= Joseph Green (actor) =

American actor (1900–1996)

Joseph Green (April 23, 1900 - June 20, 1996), born Yoysef Grinberg, a.k.a. Josef Grünberg, Joseph Greenberg and Joseph Greene, a Polish-born Jew who emigrated to the United States in 1924, was an actor in Yiddish theater and one of the few directors of Yiddish-language films. He made four Yiddish films that he shot on location in Poland, beginning in 1935: Yidl mitn fidl (Yiddle with his Fiddle; 1935), Der Purimspiler (The Jester; 1937), Mamele (Little Mother; 1938), and A brivele der mamen (A Little Letter to Mother; 1939). He also wrote the screenplays for the films, except for Mamele.

Born in Łódź (Poland), then in Congress Poland, part of the Russian Empire, he attended a traditional Jewish cheder, or elementary school, and then a state gymnasium (high school). In 1915, during the First World War, he trained at the drama school of German theater director Walter Wassermann, who was then heading the Deutsches Theater in Lodz, and in 1916 he made his debut as an actor with the Lodz-based amateur troupe of Zalmen Zylbercweig.
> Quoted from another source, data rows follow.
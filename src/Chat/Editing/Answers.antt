-- ===== src/Chat/Editing/Answers.antt =====
-- What the answers to edits do to the conversation on screen.
use gx_notion2api.Prelude.{
  [], ◌≡◌, true, false, some, Text, arith, text_eq, listed, Bool, ◌&&◌, if◌then◌else◌, is_present,
  trim, or_text,
}
use gx_notion2api.Types.Conversations.{ConversationMessage, ConversationDetail}
use gx_notion2api.Chat.State.{ChatState, cancel_edit, sync_active}
use gx_notion2api.Chat.Editing.{Edit, commit_edit, edit_came}

-- The conversation that was edited is the one in view, by the ref or by the state.
abbrev pub in_view : Bool → Text → Text → Bool
in_view mounted shown target_id = mounted && text_eq shown target_id

-- The answer to an edit replaces the transcript, and the title where it has one, exactly if the page
-- is mounted and the ref names the conversation that was edited. Once the effect on a changed
-- conversation has run, that is the conversation on screen. The answer ends the saving in every case,
-- and leaves the conversation, the draft and the files alone.
pub edit_came_lem :
    (target_id : Text) (item : ConversationDetail) (s : ChatState)
    → ((edit_came target_id item s).messages ≡ (
        if in_view s.mounted s.active_conversation_ref target_id
        then listed item.messages
        else s.messages))
      × ((edit_came target_id item s).title ≡ (
          if in_view s.mounted s.active_conversation_ref target_id
          then or_text item.title s.title
          else s.title))
      × ((edit_came target_id item (sync_active s)).messages ≡ (
          if in_view s.mounted s.conversation_id target_id
          then listed item.messages
          else s.messages))
      × ((edit_came target_id item s).saving_edit ≡ false)
      × ((edit_came target_id item s).conversation_id ≡ s.conversation_id)
      × ((edit_came target_id item s).prompt ≡ s.prompt)
      × ((edit_came target_id item s).files ≡ s.files)
unfolding edit_came cancel_edit sync_active
edit_came_lem target_id item s = (
  ground arith,
  ground arith,
  ground arith,
  ground arith,
  ground arith,
  ground arith,
  ground arith,
)

-- An edit that is sent names the conversation on screen, and its text is trimmed, not empty and not
-- the trimmed text of the message.
pub commit_edit_lem :
    (message : ConversationMessage) (s : ChatState) (edit : Edit)
    → (commit_edit message s).1 ≡ some edit
    → (edit.target_id ≡ s.conversation_id)
      × (edit.next ≡ trim s.edit_value)
      × (is_present edit.next ≡ true)
      × (text_eq edit.next (trim (or_text message.content [])) ≡ false)
      × (is_present s.conversation_id ≡ true)
      × ((commit_edit message s).0.saving_edit ≡ true)
unfolding commit_edit cancel_edit
commit_edit_lem message s edit e = (
  ground (arith, e),
  ground (arith, e),
  ground (arith, e),
  ground (arith, e),
  ground (arith, e),
  ground (arith, e),
)
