-- ===== src/Chat/Exporting.antt =====
-- The Markdown export of frontend/components/admin/chat-workspace.tsx: the text of a conversation and
-- the name of its file. `lower` is `toLowerCase`, and `now` the time as `toLocaleString` writes it.
pub mod FileNames
use mathlib.Core.List.{reverse}
use gx_notion2api.Prelude.{
  ℕ, suc, ◌+◌, Bool, true, false, ◌||◌, Option, none, some, List, [], ◌∷◌, ◌++◌, Text, txt,
  if◌then◌else◌, is_present, is_given, or_text, text_eq, nat_eq, leb, ltb, map, keep, take, trim,
  trim_start, is_space, listed, decimal, any,
}
use gx_notion2api.Types.Conversations.{ConversationMessage, ConversationMessageAttachment}
use gx_notion2api.Settings.Prompts.{join, new_line}
use gx_notion2api.Chat.Tokens.{step_label}

abbrev pub forbidden_marks : List ℕ
forbidden_marks = txt "\\/:*?\"<>|"

-- `[\\/:*?"<>|\u0000-\u001f]`
unfoldable pub is_forbidden : ℕ → Bool
unfolding any
is_forbidden c = any (nat_eq c) forbidden_marks || leb c 31

-- `.replace(/[\\/:*?"<>|\u0000-\u001f]/g, ' ')`
unfoldable pub replace_forbidden : Text → Text
unfolding is_forbidden
replace_forbidden t = map (λ c. if is_forbidden c then 32 else c) t

-- `.replace(/\s+/g, ' ')`, where `inside` tells that the code unit before is a white space
unfoldable pub collapse_spaces : Bool → Text → Text
collapse_spaces inside [] = []
collapse_spaces inside (c ∷ t) =
    let rest = collapse_spaces (is_space c) t in
    if is_space c then (if inside then rest else 32 ∷ rest) else c ∷ rest

unfoldable pub safe_file_name : Text → Text
unfolding replace_forbidden collapse_spaces
safe_file_name name =
    take 80
      (or_text (some (trim (collapse_spaces false (replace_forbidden name)))) (txt "conversation"))

-- `.replace(/\n{3,}/g, '\n\n')`, after `run` line breaks
unfoldable pub squeeze_lines : ℕ → Text → Text
squeeze_lines run [] = []
squeeze_lines run (c ∷ t) =
    let more = squeeze_lines (suc run) t in
    let rest = squeeze_lines 0 t in
    if nat_eq c 10 then (if ltb run 2 then 10 ∷ more else more) else c ∷ rest

-- `t.trimEnd()`
unfoldable pub trim_end : Text → Text
unfolding trim_start
trim_end t = reverse (trim_start (reverse t))

-- `condition ? text : ''` of an optional text, behind a label
abbrev pub labelled : Text → Option Text → Text
labelled label value = if is_given value then label ++ or_text value [] else []

abbrev pub facts : Text → Option Text → Option Text → List Text
facts now model account =
    keep is_present
      (labelled (txt "模型：") model ∷ labelled (txt "账号：") account ∷ (txt "导出时间：" ++ now) ∷ [])

abbrev pub attachment_name : ℕ → Option Text → Text
attachment_name index name = or_text name (txt "附件 " ++ decimal (index + 1))

unfoldable pub attachment_line : ℕ → ConversationMessageAttachment → Text
unfolding decimal
attachment_line index file =
    let name = attachment_name index file.name in
    if is_given file.url
    then txt "- [" ++ (name ++ (txt "](" ++ (or_text file.url [] ++ txt ")")))
    else txt "- " ++ name

unfoldable pub attachment_lines : ℕ → List ConversationMessageAttachment → List Text
unfolding attachment_line
attachment_lines index [] = []
attachment_lines index (file ∷ files) =
    attachment_line index file ∷ attachment_lines (index + 1) files

abbrev pub attachment_section : List ConversationMessageAttachment → List Text
attachment_section [] = []
attachment_section (file ∷ files) = txt "附件：" ∷ (attachment_lines 0 (file ∷ files) ++ [] ∷ [])

abbrev pub content_lines : Option Text → List Text
content_lines content = if is_given content then or_text content [] ∷ [] ∷ [] else []

abbrev pub edited_lines : Option Text → List Text
edited_lines edited_at = if is_given edited_at then txt "_（此条内容已被手动编辑）_" ∷ [] ∷ [] else []

module _ (lower : Text → Text) where
  unfoldable pub message_lines : ConversationMessage → List Text
  unfolding attachment_lines step_label
  message_lines message =
      let role = lower (or_text message.role []) in
      if text_eq role (txt "step")
      then (txt "> 过程 · "
          ++ (step_label lower message.step_type ++ labelled (txt "：") message.content))
        ∷ []
      else (if text_eq role (txt "user") then txt "## 用户" else txt "## Notion AI")
        ∷ []
        ∷ (content_lines message.content
            ++ (attachment_section (listed message.attachments) ++ edited_lines message.edited_at))

  unfoldable pub all_lines : List ConversationMessage → List Text
  unfolding message_lines
  all_lines [] = []
  all_lines (message ∷ messages) = message_lines message ++ all_lines messages

  unfoldable pub conversation_markdown :
      Text → Text → List ConversationMessage → Option Text → Option Text → Text
  unfolding all_lines squeeze_lines trim_end join
  conversation_markdown now title messages model account =
      let heading = txt "# " ++ or_text (some title) (txt "对话") in
      let facts_line = txt "> " ++ join (txt " · ") (facts now model account) in
      let lines : List Text = heading ∷ [] ∷ facts_line ∷ [] ∷ all_lines messages in
      trim_end (squeeze_lines 0 (join new_line lines)) ++ new_line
Green had small roles in The Jazz Singer, in 1927, and A Daughter of her People, in 1932. Also in 1932 he provided the Yiddish-language dubbing for the silent Italian film Joseph in the Land of Egypt.

He died of emphysema at the age of 96 in Great Neck, Long Island, New York.

Green was interviewed in the 1985 British documentary on Yiddish Films, Almonds and Raisins.